Режим Наполеона III, одобрительно относясь к оперетке, не понимал, что она являлась «знамением времени». Этот сценический «persiflage» перешел и в прессу и через два года породил уже такой ряд жестоких памфлетов, как «Фонарь» Рошфора и целый ряд других попыток в таком же роде.
И вся дальнейшая оперетка за целых сорок лет уже никогда не имела «афинской соли» оффенбаховской эпохи.
Но не одна оперетка царила тогда в Париже и не один канкан, хоть он и процветал везде на публичных балах — от студенческой «Closerie des Lilas» до интернационального «Мабиля». Театр, в более реальной и смелой комедии, давал импульс всей тогдашней западной драматургии. Только разве наш русский театр стоял особо в своем бытовом репертуаре Островского и его сверстников. Но и у нас влияние мотивов парижской драматургии и, главное, тона и постройки пьес точно так же чувствовались. А немцы, англичане, итальянцы — так те прямо обворовывали Париж.
Такие писатели, как Александр Дюма-сын — в полном расцвете таланта — двигали комедию самостоятельно и, по тогдашнему времени, очень смело. Такая, например, вещь, как его «Полусвет», на огромное расстояние отстояла от слащаво-буржуазного склада скрибовского театра. И Сарду, тогда уже вошедший в славу, хоть и был более сценический мастер, чем глубокий наблюдатель нравов и психики его соотечественников, все-таки давал каждый сезон остроумные, меткие картины нравов. И вот на самый громкий успех его комедии «Семья Бенуатон» я попал в сезон 1865–1866 года в тогдашнем (вскоре разрушенном) старом «Водевиле». Пьеса шла круглый год. Ее комические лица и смелое высмеивание культа моды, шика и делячества в прекрасном исполнении труппы представляли собою вполне литературное, интересное зрелище. И в жанровом театре «Gymnase» шла другая пьеса Сарду — «Старые холостяки» с таким же почти, как ныне выражаются, «фурорным» успехом.
На всех четырех-пяти лучших театрах Парижа (а всех их и тогда уже было более двух десятков) играли превосходные актеры и актрисы в разных родах. Теперь все они — уже покойники. Но кто из моих сверстников еще помнит таких артистов и артисток, как Лафон, старик Буффе, Арналь, Феликс, Жоффруа, Брассер, Леритье, Иасент, Фаргейль, Тьерре и целый десяток молодых актрис и актеров, тот подтвердит то, что тогда театральное дело стояло выше всего именно в Париже.

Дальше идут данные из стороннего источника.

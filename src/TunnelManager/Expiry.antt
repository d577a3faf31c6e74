-- ===== src/TunnelManager/Expiry.antt =====
-- rita/src/rita_common/tunnel_manager/mod.rs: how tunnels without contact are closed, and the attempts
-- to monitor and to unmonitor an interface.
use althea_rs.Prelude.{
  ℕ, ◌+◌, ◌-◌, Bool, true, false, none, some, List, [], ◌∷◌, ◌++◌, ltb, if◌then◌else◌,
}
use althea_rs.Prelude.Maps.{insert}
use althea_rs.Prelude.Outcome.{Outcome, ok, panic}
use althea_rs.AltheaTypes.{Identity, identity_key}
use althea_rs.Time.{Instant, Duration}
use althea_rs.TunnelManager.Tunnel.{Tunnel}
use althea_rs.TunnelManager.Manager.{
  Tunnels, TunnelManager, Error, Call, del_interface, monitor, unmonitor, port_callback, tunnels_of,
}

-- The push into a map of lists, as `TriggerGC` builds its two maps.
unfoldable pub push_tunnel : Identity → Tunnel → Tunnels → Tunnels
push_tunnel identity tunnel m = insert identity (tunnels_of identity m ++ (tunnel ∷ [])) m

-- `last_contact.elapsed() < limit`
abbrev pub is_good : Instant → Duration → Tunnel → Bool
is_good now limit tunnel = ltb (now - tunnel.last_contact) limit

-- The loop of `TriggerGC` over the tunnels to one neighbour, on the maps `good` and `timed_out`.
unfoldable pub split_list :
    Instant → Duration → Identity → List Tunnel → Tunnels × Tunnels → Tunnels × Tunnels
unfolding push_tunnel
split_list now limit identity [] maps = maps
split_list now limit identity (tunnel ∷ tunnels) (good, timed_out) =
    split_list now limit identity tunnels (
      if is_good now limit tunnel
      then (push_tunnel identity tunnel good, timed_out)
      else (good, push_tunnel identity tunnel timed_out))

unfoldable pub split : Instant → Duration → Tunnels → Tunnels × Tunnels → Tunnels × Tunnels
unfolding split_list
split now limit [] maps = maps
split now limit ((identity, tunnels) ∷ m) maps =
    split now limit m (split_list now limit identity tunnels maps)

-- How a timed out tunnel is closed: at once, with its port returned, if it is of a light client.
unfoldable pub close : Tunnel → List Call
close tunnel = elim tunnel.light_client_details [
  | none ↦ unmonitor tunnel 0 ∷ []
  | some _ ↦ del_interface tunnel.iface_name ∷ (port_callback tunnel.listen_port ∷ [])
]

unfoldable pub close_all : List Tunnel → List Call
unfolding close
close_all [] = []
close_all (tunnel ∷ tunnels) = close tunnel ++ close_all tunnels

abbrev pub all_tunnels : Tunnels → List Tunnel
all_tunnels [] = []
all_tunnels ((identity, tunnels) ∷ m) = tunnels ++ all_tunnels m

-- The same entries in another order.
pub data Reordered : Tunnels → Tunnels → Type 0 where
  same : {m : Tunnels} → Reordered m m
  under :
      (key : Identity) (ts : List Tunnel) {m n : Tunnels}
      → Reordered m n
      → Reordered ((key, ts) ∷ m) ((key, ts) ∷ n)
  swapped :
      (key other : Identity) (ts us : List Tunnel) {m : Tunnels}
      → Reordered ((key, ts) ∷ ((other, us) ∷ m)) ((other, us) ∷ ((key, ts) ∷ m))
  chained : {m n k : Tunnels} → Reordered m n → Reordered n k → Reordered m k

-- The order in which a new map is iterated over, by the order in which it was filled.
pub record Order : Type 0 where
  pub order : Tunnels → Tunnels
  pub reorders : (m : Tunnels) → Reordered m (order m)

-- `Handler<TriggerGC>`, with the orders of the two maps that it makes.
unfoldable pub trigger_gc :
    Order → Order → Instant → Duration → TunnelManager → List Call × TunnelManager
unfolding split close_all
trigger_gc good_order late_order now limit m =
    let (good, timed_out) = split now limit m.tunnels ([], []) in
    (
      close_all (all_tunnels (late_order.order timed_out)),
      record m { tunnels = good_order.order good },
    )

-- The end of `unmonitor` after an attempt, with what `Handler<TunnelUnMonitorFailure>` does after a
-- failure: the interface is deleted and the port returned, or there is another attempt, up to ten.
unfoldable pub unmonitored : Bool → Tunnel → ℕ → List Call
unmonitored true tunnel retry_count =
    del_interface tunnel.iface_name ∷ (port_callback tunnel.listen_port ∷ [])
unmonitored false tunnel retry_count =
    if ltb retry_count 10 then unmonitor tunnel (retry_count + 1) ∷ [] else []

-- The same for `monitor` and `Handler<TunnelMonitorFailure>`, which panics at the end.
unfoldable pub monitored : Bool → Tunnel → ℕ → Outcome Error (List Call)
monitored true tunnel retry_count = ok []
monitored false tunnel retry_count =
    if ltb retry_count 10 then ok (monitor tunnel (retry_count + 1) ∷ []) else panic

И особое место привилегированной, национальной (по-тогдашнему «императорской») сцены занимала Comedie Francaise, повитая славными традициями вековой славы. И самой твердой «традицией» была обязанность национального театра (получающего субсидию) играть классический репертуар — трагиков и комиков XVII и XVIII столетий:
Корнеля, Расина, Вольтера, Мольера, Ренара, Бомарше. И это выполнялось весьма строго. То же обязательство лежало и на втором французском театре — на «Одеоне». Но он тогда никакими талантами не выделялся.
В тогдашней «Французской комедии» для трагического репертуара не было сильных дарований ни в мужском, ни в женском персонале. Мунэ-Сюлли дебютировал позднее. Из женщин никто не поднимался выше приличных «полезностей». Но ансамбль комедии, в особенности мольеровской, был в полном смысле блестящий, такой, какого уже не было впоследствии ни в одно десятилетие, вплоть до настоящей минуты.
Имена таких актеров и актрис, как Ренье, Брессан, Делоне, сестры Броган, Виктория Лафонтен, принадлежат истории театра. С ними ушли и та манера игры, тон, дикция, жестикуляция, какие уже нельзя (а может, и не нужно?) восстановлять. В тот же сезон (или одной зимой раньше) дебютировал и Коклен, любимый ученик Ренье, и сразу занял выдающееся место. Я тогда уже видал его в такой роли, как Фигаро в «Женитьбе Фигаро», и в мольеровских типах.
И что было для каждого из нас, иностранцев с маленькими средствами, особенно приятно — это тогдашняя умеренность цен. За кресло, которое теперь в любом бульварном театре стоит уже десять — двенадцать франков, мы платили пять, так же как и в креслах партера «Французской комедии», а пять франков по тогдашнему курсу не составляло даже и полутора рублей. Вот почему и мне с моим ежемесячным расходом в двести пятьдесят франков можно было посещать все лучшие театры, не производя бреши в моем бюджете.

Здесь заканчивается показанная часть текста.